里子に出された子供が里親元で上手くいかず施設に戻ってくるというのも珍しい話ではない。散々準備を整えてもそうなるのだ。もし養子になったとしても、何かの拍子にこの家族の何処かにヒビを入れてしまうこともあるかもしれない。隊長は優しい人だ。だから何か問題が起きても口には出さず、家族に我慢させてしまうだろう。
出兵中に長女が女児を産み、「俺もお爺ちゃんになっちまったよ」とでれれと表情を緩ませていたアントン。四十前の体格はみるからに頑丈そうなのに、幼い孫をあやす手は戦場では見たことがないほど優しかった。その姿を見守る家族を見て、ポルトは決断した。

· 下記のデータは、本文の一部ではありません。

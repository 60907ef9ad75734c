-- ===== src/Analog/Crc.antt =====
-- The range of `CRC16_212`.
use ldal.Base.{Bool-cases, inl, inr, ℕ, zero, suc, ◌/◌, ◌%◌, ◌^◌, ◌≤◌, ◌<◌, [], ◌∷◌, arith, ◌==◌}
use Prim.Native.Nat.{bit_xor, bit_xor-bitwise, digits, differ}
use ldal.Kernel.{Bytes}
use ldal.Analog.{crc_bits, crc_from, crc16_212}

-- The definition that the native operation stands for: digits computed on fuel.
abbrev xor_digits : ℕ → ℕ → ℕ → ℕ
xor_digits n a b = digits (λ b. b) differ n a b

differ-bound : (x y : ℕ) → x ≤ 1 → y ≤ 1 → differ x y ≤ 1
differ-bound zero y p q = q
differ-bound (suc x) zero p q = p
differ-bound (suc zero) (suc zero) p q = omega arith
differ-bound (suc zero) (suc (suc y)) p q = absurd (omega arith)
differ-bound (suc (suc x)) (suc y) p q = absurd (omega arith)

xor_digits-bound : (k n a b : ℕ) → a < 2 ^ k → b < 2 ^ k → xor_digits n a b < 2 ^ k
xor_digits-bound k zero a b p q = q
xor_digits-bound k (suc n) zero b p q = q
xor_digits-bound zero (suc n) (suc a) b p q = absurd (omega arith)
xor_digits-bound (suc k) (suc n) (suc a) b p q = omega (
  arith,
  xor_digits-bound k n (suc a / 2) (b / 2) (omega arith) (omega arith),
  differ-bound (suc a % 2) (b % 2) (omega arith) (omega arith),
)

bit_xor-bound : (k a b : ℕ) → a < 2 ^ k → b < 2 ^ k → bit_xor a b < 2 ^ k
bit_xor-bound k a b p q = omega (arith, bit_xor-bitwise a b, xor_digits-bound k a a b p q)

crc_bits-bound : (n r : ℕ) → r < 2 ^ 16 → crc_bits n r < 2 ^ 16
crc_bits-bound zero r h = h
crc_bits-bound (suc n) r h =
    let mixed : bit_xor (r / 2) 0xa001 < 2 ^ 16 =
      bit_xor-bound 16 (r / 2) 0xa001 (omega arith) (omega arith) in
    elim (Bool-cases (r % 2 == 1)) [
      | inl odd ↦ rw odd (crc_bits-bound n (bit_xor (r / 2) 0xa001) mixed)
      | inr even ↦ rw even (crc_bits-bound n (r / 2) (omega arith))
    ]

crc_from-bound : (r : ℕ) (buf : Bytes) → r < 2 ^ 16 → crc_from r buf < 2 ^ 16
crc_from-bound r [] h = h
crc_from-bound r (c ∷ buf) h = crc_from-bound (crc_bits 8 (bit_xor (r / 256 % 256) (c % 256))) buf (
    crc_bits-bound 8 (bit_xor (r / 256 % 256) (c % 256))
      (bit_xor-bound 16 (r / 256 % 256) (c % 256) (omega arith) (omega arith)))

-- The checksum of any bytes has 16 bits, so that the 16-bit variables that keep it lose nothing.
pub crc16_212-bound : (buf : Bytes) → crc16_212 buf < 2 ^ 16
unfolding crc16_212
crc16_212-bound buf = crc_from-bound 0xffff buf (omega arith)
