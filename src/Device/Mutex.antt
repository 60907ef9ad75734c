-- ===== src/Device/Mutex.antt =====
-- The device mutex around the class operations of src/ldal.c.
use ldal.Base.{ℕ, suc, ◌-◌, ◌≡◌, refl, Option, some, [], ◌∷◌, arith}
use ldal.Kernel.{Lock, device_mutex, client_lock, proc_lock, lock, unlock, Env, History, Io}
use ldal.Device.{done, Command, with_mutex}

abbrev takes : Lock → Lock → ℕ → ℕ
takes device_mutex device_mutex n = suc n
takes client_lock client_lock n = suc n
takes proc_lock proc_lock n = suc n
takes _ _ n = n

abbrev gives : Lock → Lock → ℕ → ℕ
gives device_mutex device_mutex n = n - 1
gives client_lock client_lock n = n - 1
gives proc_lock proc_lock n = n - 1
gives _ _ n = n

-- How often a lock was taken and not given back.
unfoldable pub held : Lock → History → ℕ
held l [] = 0
held l (lock k ∷ h) = takes l k (held l h)
held l (unlock k ∷ h) = gives l k (held l h)
held l (_ ∷ h) = held l h

-- A handler that leaves the device mutex as it finds it.
abbrev pub Keeps : {B : Type 0} → Io B → Type 0
Keeps m = (e : Env) (h : History) → held device_mutex (m e h).1 ≡ held device_mutex h

-- A command that, whenever it returns, leaves the device mutex as it found it, and whose class
-- operation `m`, with its result, ran with the mutex taken once more.
abbrev pub Guards : {B : Type 0} → Command B → Io B → Type 0
Guards c m =
    (e : Env) (h : History)
    → let inside = m e (lock device_mutex ∷ h) in
      (c e h ≡ done inside.0 (unlock device_mutex ∷ inside.1))
      × (held device_mutex (unlock device_mutex ∷ inside.1) ≡ held device_mutex h)

pub with_mutex-Guards :
    {A B : Type 0} (op : Option A) (a : A) (f : A → Io B)
    → op ≡ some a
    → Keeps (f a)
    → Guards (with_mutex op f) (f a)
unfolding held
with_mutex-Guards op a f has keeps e h =
    rw has (refl, omega (arith, keeps e (lock device_mutex ∷ h)))
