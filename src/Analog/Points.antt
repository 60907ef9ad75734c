-- ===== src/Analog/Points.antt =====
-- The two points of a calibration, each as an equation.
use ldal.Base.{ℕ, ◌≡◌, refl, ℤ, pos, true, false}
use ldal.Kernel.{Env, History}
use ldal.Analog.{Machine, AnalogDevice}
use ldal.Analog.Calib.{is_second, get_ai_average, second_point, calib_adc_value}

module _ (m : Machine) (iow : ℕ → ℕ → ℕ) where
  -- The input with what was measured last at one of the points.
  abbrev pub measured_first : AnalogDevice m → Env → History → AnalogDevice m
  measured_first o e h = record o {
    own = record (o.own) { calib_first = (get_ai_average m iow o.device.fd e h).0.1 };
  }

  abbrev pub measured_second : AnalogDevice m → Env → History → AnalogDevice m
  measured_second o e h = record o {
    own = record (o.own) { calib_second = (get_ai_average m iow o.device.fd e h).0.1 };
  }

  pub get_ai_average-ok :
      (fd : ℤ) (e : Env) (h : History) → (get_ai_average m iow fd e h).0.0 ≡ pos 0
  unfolding get_ai_average
  get_ai_average-ok fd e h = refl

  pub calib_adc_value-second_point :
      (o : AnalogDevice m) (type : ℕ) (e : Env) (h : History)
      → is_second type ≡ true
      → calib_adc_value m iow o type e h
        ≡ second_point m iow (measured_second o e h) type e (get_ai_average m iow o.device.fd e h).1
  unfolding calib_adc_value
  calib_adc_value-second_point o type e h second =
      rw (get_ai_average-ok o.device.fd e h, second) refl

  pub calib_adc_value-first :
      (o : AnalogDevice m) (type : ℕ) (e : Env) (h : History)
      → is_second type ≡ false
      → calib_adc_value m iow o type e h
        ≡ ((pos 0, measured_first o e h), (get_ai_average m iow o.device.fd e h).1)
  unfolding calib_adc_value
  calib_adc_value-first o type e h first = rw (get_ai_average-ok o.device.fd e h, first) refl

「隊長には『もうすぐ自分は成人する。自分で自分の家族を作るから大丈夫だ。心配しないで』と、伝えました。食べていくのにも大変なあの時期に、わざわざ食い扶持を増やそうだなんて、孤児院だってしませんよ。隊長は、本当に…本当に優しい人なんです……。変なことばかり言わないで下さい…っ」
何かを思い出したかのように、ポルトはまた枕攻撃を始める。
「ぶはっ!お・おい!!やめねぇかっ!」
「嫌い…!殿下なんて大っ嫌い!」
「あん!?」
「これで私たち両思いですね!殿下も私のことうるさくて面倒な奴って思ってたんでしょ!?怪我してる間も辟易としてたんでしょ!?懐かれても迷惑だし、もう見放していらっしゃったんですよね!?なんで黙ってるんですか……っ?私が怒るとでも思ったんですか…っ?むしろ他人から聞く方が腹が立ちますよっ。そんなに嫌なら、なんでもっと早く言ってくれなかったんですか……!」
「――――…」
「私も…もう殿下のこと大っ嫌いです……!今まで懐いたような真似して…すみませんでしたっっ」
ぶつけていた枕が取り上げられた。フォルカーは空いていた方の手でポルトの手首を掴むと厳しい視線を向けた。
「……ある程度予想はしていたがな……っ」
「っ!?」
「確かにお前は単細胞で、途方もない阿呆な上に面倒臭い奴だが、ほっぽり出そうと思ったことはねぇよ…!それに俺は『男に懐かれても』って言ったんだぞ…っ!お前男じゃねぇだろッ!それにな、俺は僧侶でもねぇのにお前が来てからずーっと禁欲生活強いられてるんだ!ちょっとぐらい余所で手ェ出したからってキンキン怒ってんじゃねぇよ!それ、普通にヤキモチだからな!?」
「なぁにが禁欲生活ですか!私が知らない間にも遊んでるじゃないですか!ちょっと少なくなっただけでしょ!ってか、ここ最近の男好きの噂が中和されるくらい手ェ出してるじゃないですか!この前だって…そのキスマークつけた彼女とも想い合ってるんですよね!?良かったじゃないですか!両思い、おめでとうございますーっ!」
「残念でしたー!まだ禁欲生活続行中ですーっ!」
「!?」
思いも寄らない返事にポルトが止まる。
ワナワナと震えるフォルカーは、それまで秘密にしていた後日談を告白した。
「あんな……、あんな大惨事な空気の後で最後まで出来るわけねぇだろうがっ!ああいうのはな、『秘密の逢瀬』とか、『禁断の関係』みてーなノリが盛り上がる要素だったりするんだよ!それを、お前が青春ド真ん中みてーな綺麗事並べたせいで、どんなに繕っても女は冷めていく一方だ!」
フォルカーがどんなに彼女を賛美したところで、それは目的を達成するための下手な台詞に聞こえてしまう。彼女もそんな言葉をかけられればかけられるほど『その気』が薄れてしまった。頭の中がどんどん冷静になっていった結果、逆に自分を思ってくれた飾りのないポルトの言葉が熱を持ってしまったそうだ。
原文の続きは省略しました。